In 1845, Shakespeare scholar Delia Bacon first proposed that a group of authors had actually written the plays later attributed to William Shakespeare, the main writer being Walter Raleigh. Later, George S. Caldwell asserted that Raleigh was actually the sole author. These claims have been supported by other scholars throughout subsequent years, including Albert J. Beveridge and Henry Pemberton, but are rejected by the majority of Shakespearean scholars today.
In 2002, Raleigh was featured in the BBC poll of the 100 Greatest Britons.
A galliard was composed in honour of Raleigh by either Francis Cutting or Richard Allison.
The state capital of North Carolina, its second-largest city, was named Raleigh in 1792, after Sir Walter, sponsor of the Roanoke Colony. In the city, a bronze statue, which has been moved around different locations within the city, was cast in honour of the city’s namesake. The “Lost Colony” is commemorated at the Fort Raleigh National Historic Site on Roanoke Island, North Carolina.
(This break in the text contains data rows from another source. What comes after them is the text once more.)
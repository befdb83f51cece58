-- ===== src/Terminal/Poll.antt =====
-- crates/zyris-capkit/src/terminal/mod.rs: poll, which runs a command until a condition is met or its
-- time is spent. Times are milliseconds. What an attempt gives and how long it takes is a parameter,
-- and so is the text of a number.
pub mod Ends
pub mod Printed
pub mod Output
pub mod Budget
use zyris_protocol.Prelude.{
  ℕ, zero, suc, ◌+◌, ◌-◌, ◌*◌, ◌/◌, min, max, Bool, true, false, not, ◌&&◌, ◌||◌, Option, none,
  some, List, [], ◌∷◌, ◌++◌, ltb, leb, ◌==◌, if◌then◌else◌, codes, length,
}
use zyris_protocol.Prelude.Int.{ℤ, pos, negsuc, int_eq}
use zyris_protocol.Terminal.Exec.{
  Chars, take_tail, tail_chars, push_capped, Launched, launches, neither, both, empty_argv,
  checked_launch,
}

abbrev pub poll_accumulated_cap : ℕ
poll_accumulated_cap = 200000

abbrev pub poll_max_output_chars : ℕ
poll_max_output_chars = 40000

abbrev pub poll_attempt_output_chars : ℕ
poll_attempt_output_chars = 40000

abbrev pub poll_default_output_chars : ℕ
poll_default_output_chars = 4000

abbrev pub poll_default_interval_secs : ℕ
poll_default_interval_secs = 5

abbrev pub poll_max_interval_secs : ℕ
poll_max_interval_secs = 10

abbrev pub poll_default_timeout_secs : ℕ
poll_default_timeout_secs = 300

abbrev pub poll_max_timeout_secs : ℕ
poll_max_timeout_secs = 600

pub record ExecOutput : Type 0 where
  pub exit_code : ℤ
  pub stdout : Chars
  pub stderr : Chars
  pub timed_out : Bool

-- An attempt: what it gives and how long it takes, or an error.
pub data Attempt : Type 0 where
  ran : ExecOutput → ℕ → Attempt
  broken : Attempt

unfoldable pub starts_with : Chars → Chars → Bool
starts_with cs [] = true
starts_with [] (n ∷ ns) = false
starts_with (c ∷ cs) (n ∷ ns) = c == n && starts_with cs ns

-- `str::contains`.
unfoldable pub contains : Chars → Chars → Bool
unfolding starts_with
contains [] needle = starts_with [] needle
contains (c ∷ cs) needle = starts_with (c ∷ cs) needle || contains cs needle

unfoldable pub ends_with_newline : Chars → Bool
ends_with_newline [] = false
ends_with_newline (c ∷ []) = c == 10
ends_with_newline (c ∷ d ∷ cs) = ends_with_newline (d ∷ cs)

-- `u64::clamp`.
abbrev pub clamp : ℕ → ℕ → ℕ → ℕ
clamp lo hi n = max lo (min n hi)

pub record Polling : Type 0 where
  pub now : ℕ
  pub attempts : ℕ
  pub accumulated : Chars
  pub dropped : Bool
  pub last_completed : Option ℤ
  pub timed_out : Bool
  pub met : Bool

pub record PollResult : Type 0 where
  pub met : Bool
  pub attempts : ℕ
  pub elapsed_ms : ℕ
  pub exit_code : ℤ
  pub timed_out : Bool
  pub output : Chars
  pub output_truncated : Bool

pub record Condition : Type 0 where
  pub success_exit : ℤ
  pub needle : Option Chars

-- The condition, on the whole output of an attempt.
unfoldable pub is_met : Condition → ExecOutput → Bool
unfolding contains
is_met condition out =
    (not out.timed_out && int_eq out.exit_code condition.success_exit)
    || elim condition.needle [ none ↦ false | some n ↦ contains (out.stdout ++ out.stderr) n ]

-- What an attempt adds to the output, behind its heading.
unfoldable pub body_of : ExecOutput → Chars
unfolding take_tail ends_with_newline
body_of out =
    let full = out.stdout ++ out.stderr in
    let body =
      if ltb poll_attempt_output_chars (length full)
      then take_tail full poll_attempt_output_chars
      else full in
    if ltb 0 (length body) && not (ends_with_newline body) then body ++ (10 ∷ []) else body

module _ (digits : ℕ → Chars) (signed : ℤ → Chars) where
  unfoldable pub heading : ℕ → ℕ → ExecOutput → Chars
  heading attempts now out =
      codes "--- attempt "
      ++ (digits attempts
          ++ (codes "  t="
              ++ (digits (now / 1000)
                  ++ (codes "s  exit "
                      ++ (signed out.exit_code
                          ++ ((if out.timed_out then codes "  timed out" else [])
                              ++ (codes " ---" ++ (10 ∷ []))))))))

  -- What a poll keeps of an attempt that ended.
  unfoldable pub keep_attempt : Condition → Polling → ExecOutput → ℕ → Polling
  unfolding push_capped body_of heading is_met
  keep_attempt condition p out took =
      let now = p.now + took in
      let headed =
        push_capped p.accumulated (heading (p.attempts + 1) now out) poll_accumulated_cap in
      let bodied = push_capped headed.0 (body_of out) poll_accumulated_cap in
      record {
        now = now;
        attempts = p.attempts + 1;
        accumulated = bodied.0;
        dropped =
            p.dropped
            || headed.1
            || ltb poll_attempt_output_chars (length (out.stdout ++ out.stderr))
            || bodied.1;
        last_completed = if out.timed_out then p.last_completed else some out.exit_code;
        timed_out = out.timed_out;
        met = is_met condition out;
      }

  -- The loop, with `run` from the number of an attempt and the time left; `none` inside is an error of
  -- an attempt, outside that the fuel ran out.
  module _ (condition : Condition) (interval budget : ℕ) (run : ℕ → ℕ → Attempt) where
    unfoldable pub poll_loop : ℕ → Polling → Option (Option Polling)
    unfolding keep_attempt
    poll_loop zero p = none
    poll_loop (suc fuel) p =
        if leb budget p.now then some (some p) else elim (run (p.attempts + 1) (budget - p.now)) [
          | broken ↦ some none
          | ran out took ↦
              let q = keep_attempt condition p out took in
              let rest =
                poll_loop fuel (record q { now = q.now + min interval (budget - q.now) }) in
              if q.met then some (some q) else if leb budget q.now then some (some q) else rest
        ]

pub record PollArgs : Type 0 where
  pub command : Option Chars
  pub argv : Option (List Chars)
  pub interval_secs : Option ℕ
  pub timeout_secs : Option ℕ
  pub success_exit_code : Option ℤ
  pub success_output_contains : Option Chars
  pub max_output_chars : Option ℕ

abbrev pub or_default : ℕ → Option ℕ → ℕ
or_default n none = n
or_default n (some m) = m

unfoldable pub interval_of : PollArgs → ℕ
interval_of a =
    clamp 1 poll_max_interval_secs (or_default poll_default_interval_secs a.interval_secs) * 1000

unfoldable pub budget_of : PollArgs → ℕ
budget_of a =
    clamp 1 poll_max_timeout_secs (or_default poll_default_timeout_secs a.timeout_secs) * 1000

unfoldable pub max_chars_of : PollArgs → ℕ
max_chars_of a =
    clamp 200 poll_max_output_chars (or_default poll_default_output_chars a.max_output_chars)

-- `unwrap_or(0)` of the exit code, and `filter(|s| !s.is_empty())`.
unfoldable pub condition_of : PollArgs → Condition
condition_of a = record {
  success_exit = elim a.success_exit_code [ none ↦ pos 0 | some n ↦ n ];
  needle = elim a.success_output_contains [
    | none ↦ none
    | some [] ↦ none
    | some (c ∷ cs) ↦ some (c ∷ cs)
  ];
}

unfoldable pub poll_start : Polling
poll_start = record {
  now = 0;
  attempts = 0;
  accumulated = [];
  dropped = false;
  last_completed = none;
  timed_out = false;
  met = false;
}

-- The result, behind the loop.
unfoldable pub poll_end : ℕ → Polling → PollResult
unfolding tail_chars
poll_end max_chars p = record {
  met = p.met;
  attempts = p.attempts;
  elapsed_ms = p.now;
  exit_code = elim p.last_completed [ none ↦ negsuc 0 | some n ↦ n ];
  timed_out = p.timed_out;
  output = tail_chars p.accumulated max_chars;
  output_truncated = p.dropped || ltb max_chars (length p.accumulated);
}

-- A poll that is refused with the head's error, fails with an attempt's, or gives a result.
pub data Polled : Type 0 where
  refused : Launched → Polled
  failed : Polled
  polled : PollResult → Polled

-- Every round but the last takes time: the budget and one more is fuel enough.
unfoldable pub poll :
    (ℕ → Bool) → (ℕ → Chars) → (ℤ → Chars) → (ℕ → ℕ → Attempt) → PollArgs → Option Polled
unfolding checked_launch interval_of budget_of max_chars_of condition_of poll_start poll_end
    poll_loop
poll space digits signed run a =
    let looped =
      poll_loop digits signed (condition_of a) (interval_of a) (budget_of a) run (suc (budget_of a))
        poll_start in
    elim (checked_launch space a.command a.argv) [
      | neither ↦ some (refused neither)
      | both ↦ some (refused both)
      | empty_argv ↦ some (refused empty_argv)
      | launches ↦ elim looped [
        | none ↦ none
        | some none ↦ some failed
        | some (some p) ↦ some (polled (poll_end (max_chars_of a) p))
      ]
    ]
One of 11 boarding houses at the Royal Hospital School has been named after Raleigh, as is one of the four nautically named Houses at the Preparatory School of Barnard Castle School.
Raleigh County, West Virginia, is also named in his honour.
Mount Raleigh in the Pacific Ranges of the Coast Mountains in British Columbia, Canada, was named for him, with related features the Raleigh Glacier and Raleigh Creek named in association with the mountain. Mount Gilbert, just to Mount Raleigh’s south, was named for his half-brother, Sir Humphrey.
Raleigh has been widely speculated to be responsible for introducing the potato to Europe, and was a key figure in bringing it to Ireland. However, modern historians dispute this claim, suggesting it would have been impossible for Raleigh to have discovered the potato in the places he visited.
Due to Raleigh’s role in the popularisation of smoking, John Lennon humorously referred to him as “such a stupid get” in the song “I’m So Tired” on the “White Album” The Beatles (1968).
Various colourful stories are told about him, such as laying his cloak over a puddle for the Queen, but they are probably apocryphal.
The author George Garrett’s historical fiction novel Death of the Fox explores Raleigh’s relationships with Elizabeth I and her successor James I.